# rotary tables for a mill



## stuckinohio (Apr 19, 2018)

So,

I have been not doing so well at my clip making attempts. Most of the problems are coming from rounding the clip. I stumbled upon some videos of guys making clips and rounding the radius with a mill and rotary table. I've wanted a rotary table for a while and now I REALLY want one.

Any particular tables to stay away from or for that matter buy? I figure I would get a whole set-up with dividing plates and chuck. I see that LMS sells a good deal of them. Just curious where else to get them. 

any features I should be looking to get or stay away from as well?

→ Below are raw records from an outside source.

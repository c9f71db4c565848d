-- ===== src/Sdk/Http/Rounds.antt =====
-- The rounds that `http.Client.Do` is given are more than it ever uses.
use ipgw_meta.Prelude.{
  arith, ℕ, zero, suc, ◌+◌, ◌≤◌, ◌≡◌, refl, Bool, true, false, not, ◌&&◌, Option, none, some, [],
  if◌then◌else◌,
}
use ipgw_meta.Sdk.Errors.{Fault}
use ipgw_meta.Text.{bytes_eq}
use ipgw_meta.Sdk.Url.{Url, Decision, follow, stop, reject}
use ipgw_meta.Sdk.Url.Laws.{cas_redirect-follow}
use ipgw_meta.Sdk.Machine.{HttpRequest, Reply, Ports, Machine, Exec}
use ipgw_meta.Sdk.Machine.Steps.{bind_cong}
use ipgw_meta.Sdk.Http.{
  Client, Policy, reject_all, stay, cas, Landing, decide, land, to_target, after_reply, max_rounds,
  do_rounds, client_do, is_redirect,
}

decide-via :
    (p : Ports) (c : Client) (policy : Policy) (target : Url) (via : ℕ)
    → decide p c policy target via ≡ follow
    → via ≤ 10
unfolding decide
decide-via p c (cas service) target via h = (cas_redirect-follow c.cas_login service target via h).4
decide-via p c reject_all target via h = absurd (cc)
decide-via p c stay target via h = absurd (cc)

if_cong :
    {S A : Type 0} (b : Bool) (f g h : S → A) (s : S)
    → f s ≡ g s
    → (if b then f else h) s ≡ (if b then g else h) s
if_cong true f g h s e = e
if_cong false f g h s e = refl

module _ (p : Ports) (c : Client) where
  land_cong :
      (d : Decision) (r : HttpRequest) (reply : Reply) (f g : Exec (Machine p.World) Fault Landing)
      (m : Machine p.World)
      → (d ≡ follow → f m ≡ g m)
      → land p c d r reply f m ≡ land p c d r reply g m
  unfolding land
  land_cong follow r reply f g m h = h refl
  land_cong (stop capture) r reply f g m h = refl
  land_cong reject r reply f g m h = refl

  to_target_cong :
      (o : Option Url) (policy : Policy) (via : ℕ) (r : HttpRequest) (reply : Reply)
      (f g : HttpRequest → Exec (Machine p.World) Fault Landing) (m : Machine p.World)
      → (via ≤ 10 → (r' : HttpRequest) → f r' m ≡ g r' m)
      → to_target p c o policy via r reply f m ≡ to_target p c o policy via r reply g m
  unfolding to_target
  to_target_cong none policy via r reply f g m h = refl
  to_target_cong (some target) policy via r reply f g m h =
      land_cong (decide p c policy target via) r reply _ _ m
        (λ d. h (decide-via p c policy target via d) _)

  after_reply_cong :
      (policy : Policy) (via : ℕ) (r : HttpRequest) (reply : Reply)
      (f g : HttpRequest → Exec (Machine p.World) Fault Landing)
      → (via ≤ 10 → (r' : HttpRequest) (m : Machine p.World) → f r' m ≡ g r' m)
      → (m : Machine p.World)
      → after_reply p c policy via r reply f m ≡ after_reply p c policy via r reply g m
  unfolding after_reply
  after_reply_cong policy via r reply f g h m =
      if_cong (is_redirect reply.status && not (bytes_eq reply.location [])) _ _ _ m (
        to_target_cong (p.parse_ref r.url reply.location) policy via r reply f g m
          (λ v r'. h v r' m))

  -- With fuel for the requests up to the eleventh, more fuel changes nothing.
  do_rounds_mono :
      (n n' : ℕ) (policy : Policy) (via : ℕ) (r : HttpRequest) (m : Machine p.World)
      → n ≤ n'
      → 11 ≤ n + via
      → do_rounds p c (suc n') policy via r m ≡ do_rounds p c (suc n) policy via r m
  unfolding do_rounds
  do_rounds_mono zero n' policy via r m l e =
      bind_cong _ _ _ (λ reply. after_reply_cong policy via r reply _ _ (λ v. absurd (omega arith)))
        m
  do_rounds_mono (suc n) zero policy via r m l e = absurd (omega arith)
  do_rounds_mono (suc n) (suc n') policy via r m l e =
      bind_cong _ _ _
        (λ reply.
          after_reply_cong policy via r reply _ _
            (λ _ r' m'. do_rounds_mono n n' policy (suc via) r' m' (omega arith) (omega arith)))
        m

  -- The rounds of a client are enough: with any number of rounds from `max_rounds` on, a request and
  -- its redirects have the same result and the same effects, under every policy.
  pub client_do_lem :
      (n : ℕ) (policy : Policy) (r : HttpRequest) (m : Machine p.World)
      → max_rounds ≤ n
      → do_rounds p c n policy 1 r m ≡ client_do p c policy r m
  unfolding client_do
  client_do_lem zero policy r m l = absurd (omega arith)
  client_do_lem (suc n) policy r m l = do_rounds_mono 11 n policy 1 r m (omega arith) (omega arith)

This will be mounted on my PM727V mill.


----------



## magpens (Apr 19, 2018)

When you say "rounding the clip" are you referring to making the ring-shaped part, through which a pushbutton or a screw threaded finial goes ?

As for a rotary table, I would recommend one that has a "hinge" so that you can use it horizontally, vertically, or in between.

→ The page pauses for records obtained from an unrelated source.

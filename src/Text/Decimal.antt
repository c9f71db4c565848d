-- ===== src/Text/Decimal.antt =====
-- What the program uses of package strconv: decimal numbers and the 64-bit bounds.
pub mod Laws
use ipgw_meta.Prelude.{
  ℕ, zero, suc, ◌+◌, ◌-◌, ◌*◌, ◌/◌, ◌%◌, ◌^◌, Bool, true, false, not, ◌&&◌, Option, none, some,
  List, [], ◌∷◌, ltb, leb, ◌==◌, all, if◌then◌else◌,
}
use ipgw_meta.Prelude.Int.{ℤ, pos, negsuc, signed}
use ipgw_meta.Text.{Bytes, bytes_eq}

abbrev pub is_digit : ℕ → Bool
is_digit c = leb b'0' c && leb c b'9'

-- The regular expression `^[0-9]+$`.
unfoldable pub is_unsigned : Bytes → Bool
is_unsigned s = not (bytes_eq s []) && all is_digit s

-- The number that digits spell behind `n`.
abbrev pub value : ℕ → Bytes → ℕ
value n [] = n
value n (c ∷ s) = value (n * 10 + (c - b'0')) s

unfoldable pub digits_from : ℕ → ℕ → Bytes → Bytes
digits_from zero n acc = acc
digits_from (suc f) n acc =
    let here = (b'0' + n % 10) ∷ acc in
    let rest = digits_from f (n / 10) here in if ltb n 10 then here else rest

-- `strconv.Itoa` and `strconv.FormatUint`; a number has no more digits than its value plus one.
unfoldable pub itoa : ℕ → Bytes
unfolding digits_from
itoa n = digits_from (suc n) n []

abbrev pub max_int64 : ℕ
max_int64 = 2 ^ 63 - 1

abbrev pub max_uint64 : ℕ
max_uint64 = 2 ^ 64 - 1

-- Whether an int64 can have this sign and this size.
unfoldable pub fits_int64 : Bool → ℕ → Bool
fits_int64 negative n = leb n (if negative then 2 ^ 63 else max_int64)

unfoldable pub bounded : Bool → ℕ → Option ℤ
unfolding fits_int64
bounded negative n = if fits_int64 negative n then some (signed negative n) else none

-- `strconv.ParseInt(s, 10, 64)` of a text with digits behind an optional minus.
unfoldable pub parse_int64 : Bytes → Option ℤ
unfolding bounded is_unsigned
parse_int64 [] = none
parse_int64 (c ∷ s) =
    if c == b'-'
    then (if is_unsigned s then bounded true (value 0 s) else none)
    else if is_unsigned (c ∷ s)
    then bounded false (value 0 (c ∷ s))
    else none

-- `strconv.ParseUint(s, 10, 64)`
unfoldable pub parse_uint64 : Bytes → Option ℕ
unfolding is_unsigned
parse_uint64 s = if is_unsigned s && leb (value 0 s) max_uint64 then some (value 0 s) else none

I have one like that onto which I mount a 4-jaw chuck with independent jaw adjustments.  I would have preferred a self-centering 4-jaw but I have not yet found one to go on a rotary table of "my" size which is called a 4-inch but may be a little smaller.  A 4-jaw is preferrable to a 3-jaw, in my opinion, because it can be used like a vise.

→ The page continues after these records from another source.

-- ===== src/Sdk/Password.antt =====
-- auth.go: `passwordLogin`.
pub mod Trace
use ipgw_meta.Prelude.{
  ℕ, zero, suc, ◌+◌, String, Bool, true, false, not, ◌&&◌, ◌||◌, Option, none, some, List, [], ◌∷◌,
  ◌++◌, ltb, leb, length, ◌==◌, str_eq, if◌then◌else◌,
}
use ipgw_meta.Prelude.Results.{Result, ok, err}
use ipgw_meta.Text.Decimal.{itoa}
use ipgw_meta.Text.{Bytes, codes, bytes_eq}
use ipgw_meta.Sdk.Errors.{
  Fault, GoError, sdk, raw, other, invalid_argument, config, network, authentication,
  protocol_changed, unsupported, internal, interaction_error,
}
use ipgw_meta.Sdk.Url.{
  Url, Capture, query_get, with_param, same_hostname, same_https_origin, is_https,
  same_service_target, validated_ticket,
}
use ipgw_meta.Sdk.Machine.{
  HttpRequest, Challenge, Page, Poll, pending, expired, confirmed, challenged, Ports,
  read_credential, prompted, pure, raise, lift, ◌>>=◌, ◌>>◌, catch_with, attempt, check, some_or,
  none_or, ask, look, note,
}
use ipgw_meta.Sdk.Http.{
  Client, Policy, reject_all, cas, HttpClient, Landing, M, new_client, client_do, request,
  do_cas_request, not_https, read_all, is_success, bad_status, script_response_limit,
  api_response_limit,
}
use ipgw_meta.Sdk.Session.{
  SessionState, online_session, offline_session, Status, same_session, plain_error, conflict_error,
  observe, verify_status, logout_online, mutating,
}
use ipgw_meta.Sdk.Discovery.{discover_ac_id}
use ipgw_meta.Sdk.Form.{
  single_form_value, max_script_candidates, script_candidates, utf16_length, sibling_url,
}
use ipgw_meta.Sdk.LoginTypes.{
  LoginRequest, LoginResult, now_logged_in, already_online, prepare, is_method, is_switch,
}
use ipgw_meta.Sdk.Challenge.{
  wrap_fault, qr_details, qr_expired, is_context_error, challenge_error, unless_challenged,
  detected,
}
use ipgw_meta.Sdk.Activation.{finish_activation}

-- What the password flow takes from the earlier steps of the login.
pub record Attempt : Type 0 where
  pub method : String
  pub username : Bytes
  pub has_credentials : Bool
  pub has_interactions : Bool
  pub service : Url
  pub ac_id : Bytes

-- The fields that the form must have.
pub record Fields : Type 0 where
  pub action : Url
  pub lt : Bytes
  pub execution : Bytes

unfoldable pub fields_from : Option Url → Option Bytes → Option Bytes → Option Fields
fields_from (some action) (some lt) (some execution) =
    some (record { action = action; lt = lt; execution = execution })
fields_from _ _ _ = none

unfoldable pub form_fields : Page → Option Fields
unfolding fields_from
form_fields page =
    fields_from page.action (single_form_value (codes "lt") page.hidden)
      (single_form_value (codes "execution") page.hidden)

unfoldable pub login_form : Fields → Bytes → Bytes → Bytes → List (Bytes × Bytes)
login_form f encrypted username password =
    (codes "rsa", encrypted)
    ∷ (codes "ul", itoa (utf16_length username))
    ∷ (codes "pl", itoa (utf16_length password))
    ∷ (codes "lt", f.lt)
    ∷ (codes "execution", f.execution)
    ∷ (codes "_eventId", codes "submit")
    ∷ []

module _ (p : Ports) (c : Client) where
  open p use {credential, encrypt, extract_public_key, detect_failure}

  -- One script: a context error ends the login, another failure or a script without a key does not.
  unfoldable pub try_script : Result GoError Bytes → M p c Bytes → M p c Bytes
  try_script (err e) rest = if is_context_error e then raise e else rest
  try_script (ok script) rest =
      let key = extract_public_key script in if bytes_eq key [] then rest else pure key

  unfoldable pub find_key : HttpClient → List Url → M p c Bytes
  unfolding try_script
  find_key client [] = pure []
  find_key client (u ∷ us) = do
    script ← attempt (request p c client u script_response_limit)
    try_script script (find_key client us)

  -- The key of the page, or else that of its scripts.
  unfoldable pub public_key : HttpClient → Page → M p c Bytes
  unfolding find_key plain_error
  public_key client page =
      let candidates = script_candidates c page.scripts in
      let search_scripts : M p c Bytes =
        check (leb (length candidates) max_script_candidates)
          (plain_error protocol_changed "CAS advertised too many dynamic login scripts" false)
          (find_key client candidates) in
      if bytes_eq page.public_key [] then search_scripts else pure page.public_key

  unfoldable pub require_key : String → Bytes → Bytes → M p c (Unit {0})
  unfolding plain_error
  require_key method page_data key =
      let missing : M p c (Unit {0}) = (do
        challenge ← detected p c page_data
        unless_challenged p c method challenge
            (raise (plain_error protocol_changed "CAS public key was not discovered" false))) in
      if bytes_eq key [] then missing else pure tt

  -- Asks the caller for the password, and encrypts it.
  unfoldable pub encrypted_credential : Bytes → Bytes → M p c (Bytes × Bytes)
  unfolding plain_error wrap_fault
  encrypted_credential username key = do
    note (read_credential username)
    given ← ask (credential username)
    password ← catch_with (wrap_fault config "credential provider failed" false) (lift given)
    check (not (bytes_eq password []))
        (plain_error config "credential provider returned an empty password" false)
        do
          cipher ← ask (encrypt username password key)
          encrypted ← lift (
              some_or
                (plain_error protocol_changed "CAS public key or encryption contract changed" false)
                cipher)
          pure (password, encrypted)

  -- The answer to the form: a captured ticket, or the reason why there is none.
  unfoldable pub after_post : HttpClient → Attempt → Bytes → Option Capture → M p c LoginResult
  unfolding plain_error
  after_post client a bytes (some t) =
      finish_activation p c client a.method a.username a.ac_id t.ticket
  after_post client a bytes none = do
    challenge ← detected p c bytes
    unless_challenged p c a.method challenge do
      failure ← lift (
          some_or
            (plain_error protocol_changed "CAS authentication response is not recognized" false)
            (detect_failure bytes))
      check (not failure) (plain_error authentication "CAS rejected the supplied credentials" false)
          (raise (
            plain_error protocol_changed
              "CAS did not return a service ticket or a recognized challenge" false))

  unfoldable pub submit_form : HttpClient → Attempt → Fields → Bytes → Bytes → M p c LoginResult
  unfolding after_post
  submit_form client a f password encrypted = do
    fresh ← new_client p c (cas a.service)
    answer ← do_cas_request p c (cas a.service) (record {
      method = "POST";
      url = f.action;
      form = login_form f encrypted a.username password;
      jar = client.jar;
    })
    after_post (record fresh { jar = client.jar }) a answer.0 answer.1.capture

  unfoldable pub password_login : HttpClient → Attempt → Page → Bytes → M p c LoginResult
  unfolding public_key require_key encrypted_credential submit_form plain_error
  password_login client a page page_data =
      check a.has_credentials
        (plain_error config "password login requires a credential provider" false)
        do
          f ← lift (
              some_or
                (plain_error protocol_changed "CAS login form is missing required fields" false)
                (form_fields page))
          check (same_https_origin f.action c.cas_login)
              (plain_error protocol_changed "CAS resource points outside the trusted HTTPS origin"
                false)
              do
                key ← public_key client page
                require_key a.method page_data key
                secret ← encrypted_credential a.username key
                submit_form client a f secret.0 secret.1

I bought mine from Busy Bee Tools, a Canadian company smaller than, but similar to, Harbor Freight or Grizzly.  It was only about $150 and you can get the rotary table plus chuck combo for about $220.  For what I do, it is adequate.  I do not have dividing plates or a tailstock for this rotary table, but I know you can buy sets with those included.

A Taiwan company makes some nice sets ... brand name Vertex ... but more expensive.  Not sure they are actually called "rotary tables" but they do mostly the same jobs.


----------



## stuckinohio (Apr 19, 2018)

Mal,

you are correct about what I mean by rounding the clip.
I didn't know you had a rotary table or knew about them! I have seen the Vertex tables and read that they are made in Taiwan and reportedly better than the Chinese made rotary tables.

How do chucks mount on it these tables? do they simply bolt down?


----------



## stuckinohio (Apr 19, 2018)

I think the one with the "hinge" is called a dividing head?


----------



## magpens (Apr 20, 2018)

The Vertex is different from the others ... you have to buy a separate lathe-style chuck with an MT2 or MT3 arbor sticking out the back of the chuck.  The main part has a MT2 or MT3 hole, and the body rotates on a horizontal axis to tilt.  You don't have to use the usual lathe-type chuck on it.  For small work you can use a Jacobs chuck with arbor.  I don't think you can do rotation about 2 axes, just one; but I could be wrong.  I have seen one at the tool store I go to and they have still not sold it after a couple of years so perhaps it is not as useful as I think but it sure does look nice.

The others have the conventional round, flat table with 4 (or for the big ones, 6) T-slots allowing you to bolt things down.

As for the term "hinge", I made that up.  The one I am thinking of is still called a rotary table; there are two parts ... the rotary table, and then the base.  The two are connected on one side by the hinges (just two tabs with holes, a rod, and the horizontal hole in the base that the rod goes through).  The tab parts fit over the edges of the base and the rod slides through the tab holes and the horizontal hole in the base. 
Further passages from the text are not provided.